***** RECORDED DATA *****

-- ===== src/Upload/Multipart/Settled.antt =====
-- api-put-object-multipart.go, api-put-object.go: how an upload in parts ends.
use mefs_sdk_go.Prelude.{
  ℕ, zero, suc, ◌-◌, ◌≤◌, ◌<◌, List, [], ◌∷◌, ◌++◌, length, Option, none, some, ◌⊎◌, inl, inr, ◌≡◌,
  refl, arith, Option-cases, Sum-cases,
}
use mefs_sdk_go.Prelude.Text.{Text}
use mefs_sdk_go.Upload.Constants.{max_parts_count, max_multipart_put_object_size}
use mefs_sdk_go.Upload.PartInfo.{
  PartInfo, PartInfoError, info, refused, unspecified, optimal_part_info, known_part_info,
  default_part_info, part_counts,
}
use mefs_sdk_go.Upload.PartInfo.Bounds.{configured_part_info-Covers}
use mefs_sdk_go.Upload.Multipart.Session.{
  UploadError, refused_parts, no_part_size, response, initiate, complete, abort, completion_error,
  CompletePart, Log, Server, Stream, ReadEnd, check_names, new_upload_id, initiate_multipart_upload,
  complete_multipart_upload, abort_multipart_upload, from_server,
}
use mefs_sdk_go.Upload.Multipart.Upload.{
  Action, Progress, no_stream_action, no_length_action, collect_parts, sort_parts, finish_upload,
  settle, after_loop, upload_parts, put_object_parts, put_object_multipart_no_stream,
  put_object_multipart_stream_no_length,
}
use mefs_sdk_go.Upload.Multipart.Sent.{put_requests, upload_loop-Sends}

-- With the size unknown there are at most 10000 parts, and the part size is not 0.
pub unknown_size_parts :
    (c count part last : ℕ)
    → optimal_part_info none c ≡ info count part last
    → (count ≤ max_parts_count) × (0 < part)
unfolding optimal_part_info known_part_info default_part_info part_counts
unknown_size_parts zero count part last e = ground arith
unknown_size_parts (suc c) count part last e =
    let (covers, same, few, lo, hi) =
      configured_part_info-Covers max_multipart_put_object_size (suc c) count part last
        (omega arith) (omega arith) e in
    (few, omega (arith, same))

pub PartInfo-cases :
    (i : PartInfo)
    → ((e : PartInfoError) × (i ≡ refused e))
      ⊎ ((i ≡ unspecified) ⊎ ((count : ℕ) × (part : ℕ) × (last : ℕ) × (i ≡ info count part last)))
PartInfo-cases (info count part last) = inr (inr (count, part, last, refl))
PartInfo-cases (refused e) = inl (e, refl)
PartInfo-cases unspecified = inr (inl refl)

-- The requests after an upload, and its error: nothing was sent; the upload was not begun; it was begun,
-- parts were sent, and it was completed; or an error aborted it, after the parts or after a completion
-- that failed.
pub data Settled : Log → Log → Option UploadError → Type 0 where
  nothing_sent : (log : Log) (e : UploadError) → Settled log log (some e)
  not_begun : (log : Log) (e : UploadError) → Settled log (log ++ initiate ∷ []) (some e)
  completed :
      (log : Log) (upload_id : Text) (bs : List Text) (parts : List CompletePart)
      → length bs ≤ max_parts_count
      → Settled log
          (((log ++ initiate ∷ []) ++ put_requests upload_id 1 bs) ++ complete upload_id parts ∷ [])
          none
  aborted :
      (log : Log) (upload_id : Text) (bs : List Text) (e : UploadError)
      → length bs ≤ max_parts_count
      → Settled log
          (((log ++ initiate ∷ []) ++ put_requests upload_id 1 bs) ++ abort upload_id ∷ [])
          (some e)
  not_completed :
      (log : Log) (upload_id : Text) (bs : List Text) (parts : List CompletePart) (e : UploadError)
      → length bs ≤ max_parts_count
      → Settled log
          ((((log ++ initiate ∷ []) ++ put_requests upload_id 1 bs)
              ++ complete upload_id parts ∷ [])
            ++ abort upload_id ∷ [])
          (some e)

abbrev pub SettledBy : Log → Log × ℕ × Option UploadError → Type 0
SettledBy log r = Settled log r.0 r.2

module _ (server : Server) (bucket_name object_name : Text)
    (good : check_names bucket_name object_name ≡ none) where
  abort_sent :
      (upload_id : Text) (log : Log)
      → abort_multipart_upload server bucket_name object_name upload_id log
        ≡ log ++ abort upload_id ∷ []
  unfolding abort_multipart_upload
  abort_sent upload_id log = rw (good, abort_multipart_upload) refl

  complete_sent :
      (upload_id : Text) (parts : List CompletePart) (log : Log)
      → complete_multipart_upload server bucket_name object_name upload_id parts log ≡ (
        log ++ complete upload_id parts ∷ [],
        completion_error (server.answer_complete (log ++ complete upload_id parts ∷ [])),
      )
  unfolding complete_multipart_upload
  complete_sent upload_id parts log = rw (good, complete_multipart_upload) refl

  -- An error ends the upload with a request that aborts it.
  settle_aborted :
      (upload_id : Text) (n m : ℕ) (log : Log) (e : UploadError)
      → settle server bucket_name object_name upload_id n (log, some (m, e))
        ≡ (log ++ abort upload_id ∷ [], m, some e)
  unfolding settle
  settle_aborted upload_id n m log e = rw abort_sent refl

  pub settle_done :
      (upload_id : Text) (n : ℕ) (log : Log)
      → settle server bucket_name object_name upload_id n (log, none) ≡ (log, n, none)
  unfolding settle
  settle_done upload_id n log = refl

  finish_missing :
      (upload_id : Text) (p : Progress) (e : UploadError)
      → collect_parts p.parts_info 1 (p.part_number - 1) ≡ inl e
      → finish_upload server bucket_name object_name upload_id p ≡ (p.log, some (0, e))
  unfolding finish_upload
  finish_missing upload_id p e missing = rw (missing, finish_upload) refl

  pub finish_sent :
      (upload_id : Text) (p : Progress) (parts : List CompletePart)
      → collect_parts p.parts_info 1 (p.part_number - 1) ≡ inr parts
      → finish_upload server bucket_name object_name upload_id p ≡ (
        p.log ++ complete upload_id (sort_parts parts) ∷ [],
        elim (completion_error
            (server.answer_complete (p.log ++ complete upload_id (sort_parts parts) ∷ []))) [
              | none ↦ none
              | some e ↦ some (p.total_uploaded_size, e)
            ],
      )
  unfolding finish_upload
  finish_sent upload_id p parts all = rw (all, complete_sent, finish_upload) refl

  finish_upload-Settled :
      (log : Log) (upload_id : Text) (bs : List Text) (n : ℕ) (p : Progress)
      → p.log ≡ (log ++ initiate ∷ []) ++ put_requests upload_id 1 bs
      → length bs ≤ max_parts_count
      → SettledBy log (
          settle server bucket_name object_name upload_id n
            (finish_upload server bucket_name object_name upload_id p))
  finish_upload-Settled log upload_id bs n p e few =
      elim (Sum-cases (collect_parts p.parts_info 1 (p.part_number - 1))) [
        | inl (err, missing) ↦
            rw (finish_missing upload_id p err missing, settle_aborted, e)
              (aborted log upload_id bs err few)
        | inr (parts, all) ↦
            rw (finish_sent upload_id p parts all)
              (elim (Option-cases
                (server.answer_complete (p.log ++ complete upload_id (sort_parts parts) ∷ []))) [
                  | inl fine ↦
                      rw (fine, settle_done, e) (completed log upload_id bs (sort_parts parts) few)
                  | inr (err, bad) ↦
                      rw (bad, settle_aborted, e)
                        (not_completed log upload_id bs (sort_parts parts) (response err) few)
                ])
      ]

  after_loop-Settled :
      (log : Log) (upload_id : Text) (bs : List Text) (r : Progress × Option (ℕ × UploadError))
      → r.0.log ≡ (log ++ initiate ∷ []) ++ put_requests upload_id 1 bs
      → length bs ≤ max_parts_count
      → SettledBy log (after_loop server bucket_name object_name upload_id r)
  unfolding after_loop
  after_loop-Settled log upload_id bs (p, none) e few =
      finish_upload-Settled log upload_id bs p.total_uploaded_size p e few
  after_loop-Settled log upload_id bs (p, some (m, err)) e few =
      rw (settle_aborted, e) (aborted log upload_id bs err few)

  upload_parts-Settled :
      (action : ℕ → ReadEnd → Action) (upload_id : Text) (count part_size : ℕ) (reader : Stream)
      (log : Log)
      → count ≤ max_parts_count
      → SettledBy log (
          upload_parts server bucket_name object_name action upload_id count part_size reader
            (log ++ initiate ∷ []))
  unfolding upload_parts
  upload_parts-Settled action upload_id count part_size reader log few =
      let (bs, e, fits) =
        upload_loop-Sends server bucket_name object_name action upload_id part_size count _ in
      after_loop-Settled log upload_id bs _ e (omega arith)

  pub initiate_sent :
      (log : Log)
      → new_upload_id server bucket_name object_name log
        ≡ (log ++ initiate ∷ [], from_server (server.answer_initiate (log ++ initiate ∷ [])))
  unfolding new_upload_id initiate_multipart_upload
  initiate_sent log = rw (good, good, new_upload_id, initiate_multipart_upload) refl

  put_object_parts-Settled :
      (action : ℕ → ReadEnd → Action) (c : ℕ) (reader : Stream) (log : Log)
      → SettledBy log (put_object_parts server bucket_name object_name action c reader log)
  unfolding put_object_parts
  put_object_parts-Settled action c reader log = elim (PartInfo-cases (optimal_part_info none c)) [
    | inl (e, bad) ↦ rw (good, bad, put_object_parts) (nothing_sent log (refused_parts e))
    | inr (inl unset) ↦ rw (good, unset, put_object_parts) (nothing_sent log no_part_size)
    | inr (inr (count, part, last, found)) ↦
        let (few, _) = unknown_size_parts c count part last found in
        elim (Sum-cases (server.answer_initiate (log ++ initiate ∷ []))) [
          | inl (e, bad) ↦
              rw (good, found, initiate_sent, bad, initiate_sent, put_object_parts)
                (not_begun log (response e))
          | inr (upload_id, begun) ↦
              rw (good, found, initiate_sent, begun, initiate_sent, put_object_parts)
                (upload_parts-Settled action upload_id count part reader log few)
        ]
  ]

-- With names that the client accepts, whatever the server answers and the reader gives, both functions
-- that upload a content of unknown size end in one of five ways: nothing was sent and the result is an
-- error; the upload was not begun, an error; it was begun, at most 10000 parts were sent, numbered from
-- 1, and it was completed, without an error; or the parts, or the parts and the completion, were
-- followed by a request that aborts the upload, and the result is an error.
pub put_object_multipart_settles :
    (server : Server) (bucket_name object_name : Text) (c : ℕ) (reader : Stream) (log : Log)
    → check_names bucket_name object_name ≡ none
    → SettledBy log (put_object_multipart_no_stream server bucket_name object_name c reader log)
      × SettledBy log
          (put_object_multipart_stream_no_length server bucket_name object_name c reader log)
unfolding put_object_multipart_no_stream put_object_multipart_stream_no_length
put_object_multipart_settles server bucket_name object_name c reader log good = (
  put_object_parts-Settled server bucket_name object_name good no_stream_action c reader log,
  put_object_parts-Settled server bucket_name object_name good no_length_action c reader log,
)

*****

Above are the records; from them, give again exactly the lines from the one containing "finish_upload-Settled log upload_id bs n" to the one containing "finish_upload-Settled log upload_id bs p.total_uploaded_size", both lines included, and nothing more.

  finish_upload-Settled log upload_id bs n p e few =
      elim (Sum-cases (collect_parts p.parts_info 1 (p.part_number - 1))) [
        | inl (err, missing) ↦
            rw (finish_missing upload_id p err missing, settle_aborted, e)
              (aborted log upload_id bs err few)
        | inr (parts, all) ↦
            rw (finish_sent upload_id p parts all)
              (elim (Option-cases
                (server.answer_complete (p.log ++ complete upload_id (sort_parts parts) ∷ []))) [
                  | inl fine ↦
                      rw (fine, settle_done, e) (completed log upload_id bs (sort_parts parts) few)
                  | inr (err, bad) ↦
                      rw (bad, settle_aborted, e)
                        (not_completed log upload_id bs (sort_parts parts) (response err) few)
                ])
      ]

  after_loop-Settled :
      (log : Log) (upload_id : Text) (bs : List Text) (r : Progress × Option (ℕ × UploadError))
      → r.0.log ≡ (log ++ initiate ∷ []) ++ put_requests upload_id 1 bs
      → length bs ≤ max_parts_count
      → SettledBy log (after_loop server bucket_name object_name upload_id r)
  unfolding after_loop
  after_loop-Settled log upload_id bs (p, none) e few =
      finish_upload-Settled log upload_id bs p.total_uploaded_size p e few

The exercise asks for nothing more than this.